Episode IV - Hope This Works

Welcome to Got Me A Movie. I'm almost positive that the Internet doesn't have any sites dedicated to motion pictures. I seek to rectify this. Within this blog you will find previews of movies, reviews of movies and if I can keep my laptop cool enough, uploaded images from movies.



I think it's worth noting that I have absolutely no major connections within the industry, so you can rest assured that everthing you read here is utterly uninformed. That is my guarantee to you.







You stay classy.



Friday, 27 August 2010

Review: Scott Pilgrim Vs The World


Lord help me, I just didn't get it.

It seems that this film has been on the horizon forever and on paper it's a winner. Edgar Wright, creator of the sublime Spaced, the brilliant Shaun of the Dead and the very good Hot Fuzz, was to adapt Bryan Lee O'Malley's Scott Pilgrim series into a feature film. This is what's known as a match made in heaven.

But Scott Pilgrim just isn't quite as good as that promise and the fact that it comes so close makes it worse.

You've seen the trailers. Scott Pilgrim (Michael Cera) is your typical slacker twenty something. Coasting through life, he is in a go nowhere band and in a relationship with a highschooler when  he meets and falls in love with Ramona Flowers (Mary Elizabeth Winstead). Much to his surprise she returns his affections but there is a catch, he must defeat her seven evil exes.

First things first, the film is every bit as beautiful as those trailers promise. On a visual level, Wright has made an incredible film. No comic book adaptation has done this much to translate the aesthetic of a "funny book" to the screen. POWs, BANGS and WHIPS litter the screen, music comes to life and weaponry is summoned from thin air. At the moment the comic book movie is on the verge of shifting; Snyder's Watchmen, Vaughn's Kick-Ass and Nolan's Batman films are all pushing the genre and experimenting with what it can do. Edgar Wright has taking it a giant leap further and on that level Scott Pilgrim is a slam dunk.

Tuesday, 3 August 2010

Review: Toy Story 3


Toy Story 3 will make you ponder your mortality.

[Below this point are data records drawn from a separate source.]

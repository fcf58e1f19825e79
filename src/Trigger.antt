-- ===== src/Trigger.antt =====
-- Event triggers in the server: the limiter and the handler that asks it
-- (operator/internal/server/trigger_limiter.go, operator/internal/server/trigger_handler.go), and the
-- validation of triggers (operator/internal/domain/trigger/validate.go).
pub mod Config
pub mod Spec
pub mod Limiter
pub mod Handler
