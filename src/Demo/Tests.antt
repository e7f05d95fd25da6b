-- ===== src/Demo/Tests.antt =====
-- A run of the fixture of src/demo.rs, and its theorem at it.
use agent_veil.Detector.Matches.{contains_text, find, find_from, match_indices, match_from}
use agent_veil.Sse.Text.{starts_with, strip_prefix}
use agent_veil.Engine.Slice.{get_range, is_char_boundary}
use agent_veil.Gateway.Headers.{get_all}
use agent_veil.Gateway.Upstream.{has_header}
use agent_veil.Gateway.Activity.{mark}
use agent_veil.Demo.{any_window, contains_bytes, contains_hashed_value}
use agent_veil.Demo.Stream.{codex_demo_sse, frames_for, fixture_events}
use agent_veil.Demo.Tokens.{
  codex_demo_contains_original, codex_demo_tokens, collect_codex_demo_tokens, collect_both,
  collect_tokens_with_prefix, collect_tokens_at, token_at, is_token_digit, insert_token,
  only_tokens,
}
use agent_veil.Demo.Fixture.{
  codex_demo_responses, count_request, check_request, is_forbidden, read_request, answer, marks,
  reject, tokenized_text, FixtureSecret, FixtureState,
}
use agent_veil.Demo.Proof.{IsProtected, after_requests, after_requests-IsProtected}
use agent_veil.Gateway.Activity.{SyntheticWireProof}
use agent_veil.Gateway.Headers.{HeaderMap}
use agent_veil.Payload.Value.{Value}
use agent_veil.Prelude.{
  text_eq, contains, is_ascii_digit, ◌≡◌, Text, bytes, Option, some, List, [], ◌∷◌, ◌++◌, All, true,
  false, refl,
}

abbrev secret : FixtureSecret
secret = record { session_token_hash = bytes "secret"; session_token_len = 6 }

abbrev fresh : FixtureState
fresh = record {
  request_count = 0;
  forbidden_header_seen = false;
  wire_proof = SyntheticWireProof.unmeasured;
}

abbrev tokens : Text
tokens =
    bytes "[AV_EMAIL_AAAAAAAAAAAAAAAAAAAAAAAAAAAAAAAA] [AV_IPV4_BBBBBBBBBBBBBBBBBBBBBBBBBBBBBBBB]"

abbrev requests : List (HeaderMap × Text)
requests = ([], tokens) ∷ []

abbrev hash : Text → Text
hash s = s

abbrev from_slice : Text → Option Value
from_slice s = some (Value.string s)

abbrev to_string : Value → Option Text
to_string v = some []

run_passes :
    (after_requests hash from_slice to_string true secret requests fresh).wire_proof
    ≡ SyntheticWireProof.passed
unfolding after_requests codex_demo_responses count_request check_request is_forbidden has_header
    get_all contains_hashed_value any_window bytes text_eq contains_bytes read_request
    codex_demo_contains_original contains_text find find_from starts_with strip_prefix
    codex_demo_tokens collect_codex_demo_tokens collect_both collect_tokens_with_prefix
    match_indices match_from collect_tokens_at token_at get_range is_char_boundary is_token_digit
    is_ascii_digit insert_token contains only_tokens answer codex_demo_sse frames_for fixture_events
    marks mark reject tokenized_text
run_passes = refl

-- A request with the address, after one that passes, makes the proof fail.
run_fails :
    (after_requests hash from_slice to_string true secret
      (requests ++ ([], bytes "ava.agentveil@example.test") ∷ [])
      fresh).wire_proof
    ≡ SyntheticWireProof.failed
unfolding after_requests codex_demo_responses count_request check_request is_forbidden has_header
    get_all contains_hashed_value any_window bytes text_eq contains_bytes read_request
    codex_demo_contains_original contains_text find find_from starts_with strip_prefix
    codex_demo_tokens collect_codex_demo_tokens collect_both collect_tokens_with_prefix
    match_indices match_from collect_tokens_at token_at get_range is_char_boundary is_token_digit
    is_ascii_digit insert_token contains only_tokens answer codex_demo_sse frames_for fixture_events
    marks mark reject tokenized_text
run_fails = refl

after_requests-IsProtected_example :
    All (λ request. IsProtected hash from_slice secret request.0 request.1) requests
after_requests-IsProtected_example =
    after_requests-IsProtected hash from_slice to_string true secret requests fresh run_passes
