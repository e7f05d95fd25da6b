-- ===== src/Detector/Decode.antt =====
-- The decoders of src/detector.rs: characters of a text, escapes of JSON, hexadecimal digits.
use agent_veil.Sse.Text.{starts_with}
use agent_veil.Prelude.{
  ℕ, suc, ◌+◌, ◌-◌, ◌*◌, ◌/◌, ◌%◌, Text, bytes, Bool, false, ◌&&◌, ◌||◌, ◌==◌, ltb, leb, Option,
  none, some, List, [], ◌∷◌, if◌then◌else◌, take, drop, length, text_eq, is_ascii_alphanumeric,
}

-- A byte inside a character.
unfoldable pub is_continuation : ℕ → Bool
is_continuation b = leb 0x80 b && leb b 0xBF

-- One more byte in front of a text that is already split; `next` is the text after the byte.
unfoldable pub push_byte : ℕ → Text → List Text → List Text
push_byte b [] cs = (b ∷ []) ∷ cs
push_byte b (a ∷ s) [] = (b ∷ []) ∷ []
push_byte b (a ∷ s) (c ∷ cs) = if is_continuation a then (b ∷ c) ∷ cs else (b ∷ []) ∷ c ∷ cs

-- `chars`: the characters of a text, each as its bytes.
unfoldable pub chars : Text → List Text
chars [] = []
chars (b ∷ s) = push_byte b s (chars s)

-- The ranges of `is_invisible_control`, over the bytes of the character.
unfoldable pub is_invisible_control : Text → Bool
is_invisible_control (a ∷ b ∷ []) = a == 0xC2 && b == 0xAD
is_invisible_control (a ∷ b ∷ c ∷ []) =
    a == 0xE2 && b == 0x80 && (leb 0x8B c && leb c 0x8F || leb 0xAA c && leb c 0xAE)
    || a == 0xE2 && b == 0x81 && (leb 0xA0 c && leb c 0xAF)
    || a == 0xEF && b == 0xBB && c == 0xBF
is_invisible_control _ = false

unfoldable pub hex : ℕ → Option ℕ
hex b =
    if leb b'0' b && leb b b'9'
    then some (b - b'0')
    else if leb b'a' b && leb b b'f'
    then some (b - b'a' + 10)
    else if leb b'A' b && leb b b'F'
    then some (b - b'A' + 10)
    else none

-- The loop of `parse_hex_quad`, on a `u16`.
unfoldable pub hex_digits : ℕ → Text → Option ℕ
hex_digits value [] = some value
hex_digits value (b ∷ s) = elim (hex b) [
  | none ↦ none
  | some digit ↦ hex_digits (value * 16 % 65536 + digit) s
]

unfoldable pub parse_hex_quad : Text → Option ℕ
parse_hex_quad s = if length s == 4 then hex_digits 0 s else none

-- `char::to_string`: the UTF-8 bytes of a character.
unfoldable pub to_utf8 : ℕ → Text
to_utf8 c =
    if ltb c 0x80
    then c ∷ []
    else if ltb c 0x800
    then (0xC0 + c / 64) ∷ (0x80 + c % 64) ∷ []
    else if ltb c 0x10000
    then (0xE0 + c / 4096) ∷ (0x80 + c / 64 % 64) ∷ (0x80 + c % 64) ∷ []
    else (0xF0 + c / 262144) ∷ (0x80 + c / 4096 % 64) ∷ (0x80 + c / 64 % 64) ∷ (0x80 + c % 64) ∷ []

-- A surrogate of the first kind has been read; the rest begins behind it.
unfoldable pub decode_surrogate : ℕ → Text → Option (Text × ℕ)
decode_surrogate first s =
    if text_eq (take 2 s) (bytes "\\u")
    then elim (parse_hex_quad (take 4 (drop 2 s))) [
      | none ↦ none
      | some second ↦
          if leb 0xDC00 second && leb second 0xDFFF
          then some (to_utf8 (0x10000 + ((first - 0xD800) * 1024 + (second - 0xDC00))), 12)
          else none
    ]
    else none

-- The argument is the text behind `\u`; the second result is the length of the whole escape.
unfoldable pub decode_unicode_escape : Text → Option (Text × ℕ)
decode_unicode_escape s = elim (parse_hex_quad (take 4 s)) [
  | none ↦ none
  | some first ↦
      if leb 0xD800 first && leb first 0xDBFF
      then decode_surrogate first (drop 4 s)
      else if leb 0xDC00 first && leb first 0xDFFF
      then none
      else some (to_utf8 first, 6)
]

-- The argument is the text behind the backslash.
unfoldable pub decode_escape : Text → Option (Text × ℕ)
decode_escape [] = none
decode_escape (b ∷ s) =
    if b == b'"' || b == b'\\' || b == b'/'
    then some (b ∷ [], 2)
    else if b == b'b'
    then some (0x08 ∷ [], 2)
    else if b == b'f'
    then some (0x0C ∷ [], 2)
    else if b == b'n'
    then some (0x0A ∷ [], 2)
    else if b == b'r'
    then some (0x0D ∷ [], 2)
    else if b == b't'
    then some (0x09 ∷ [], 2)
    else if b == b'u'
    then decode_unicode_escape s
    else none

-- A step of a byte loop reads the rest of the text. It copies the byte that stands there, or
-- replaces a number of bytes by others.
abbrev pub Step : Type 0
Step = Text → Option (Text × ℕ)

unfoldable pub escape_step : Step
escape_step [] = none
escape_step (b ∷ s) = if b == b'\\' then decode_escape s else none

unfoldable pub percent_step : Step
percent_step (b ∷ high ∷ low ∷ s) =
    if b == b'%'
    then elim (hex high) [
      | none ↦ none
      | some h ↦ elim (hex low) [ none ↦ none | some l ↦ some ((h * 16 + l) ∷ [], 3) ]
    ]
    else none
percent_step _ = none

-- How many spaces and tabs a text begins with.
unfoldable pub blanks : Text → ℕ
blanks [] = 0
blanks (b ∷ s) = let rest = blanks s in if b == b' ' || b == b'\t' then suc rest else 0

-- A backslash before a line break disappears, with the indentation of the next line.
unfoldable pub continuation_step : Step
continuation_step [] = none
continuation_step (b ∷ s) =
    if b == b'\\'
    then if starts_with s (b'\n' ∷ [])
      then some ([], 2 + blanks (drop 1 s))
      else if starts_with s (b'\r' ∷ b'\n' ∷ [])
      then some ([], 3 + blanks (drop 2 s))
      else none
    else none

unfoldable pub is_token_byte : ℕ → Bool
is_token_byte b = is_ascii_alphanumeric b || b == b'_' || b == b'-'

Yeah, I wasn't expecting that either.

Pixar studios have made their name loading their films with concepts and themes that, on paper, have no business being in family films and yet time and time again they succeed. Each film feels like a challenge to the rest of the industry to, well, challenge their audience.

Now that this trilogy is complete (and it is definitely complete) the themes it has laid down are clear. The first film was about Love, the second about abandonment and the third, death. The best thing to be said about Toy Story 3 is that this truly feels like a necessary chapter in the story and a worthy finish to the franchise. Compare this to Dreamwork's Shrek the Third and the difference is clear. Consider as well the eleven years since the first sequel, and Toy Story 3 is something to be truly admired.

Taking place eleven years after the events of the last installment, Toy Story 3 sees a 17 year old Andy ready to leave for college. After a mixup during a clearout of his room Woody, Buzz and the gang find themselves donated to Sunnyside Daycare centre a paradise for toys who have "moved on". In most cases toys accept and embrace this new life but Woody cannot let go and sets out to find his owner.

These deep themes have been present throughout but have never been quite so explicit as in this instalment and never have they been so singularly personified than in the film's antagonist, Lotso. Lotso's backstory mirrors Jessie's in Toy Story 2. Both were seemingly abandoned by the people they loved the most and left alone. But while Jessie eventually came to terms with her loss, Lotso got angry. Lotso is a villain who, unlike Sid, Al or Stinky Pete, has nothing to lose. What's interesting is that while all of the toys in the series have been aware that they are just toys, Lotso is the only who realises how disposable they are and that even the most cherished of toys are replaceable. Perhaps moreso that Jessie, his story is the most tragic.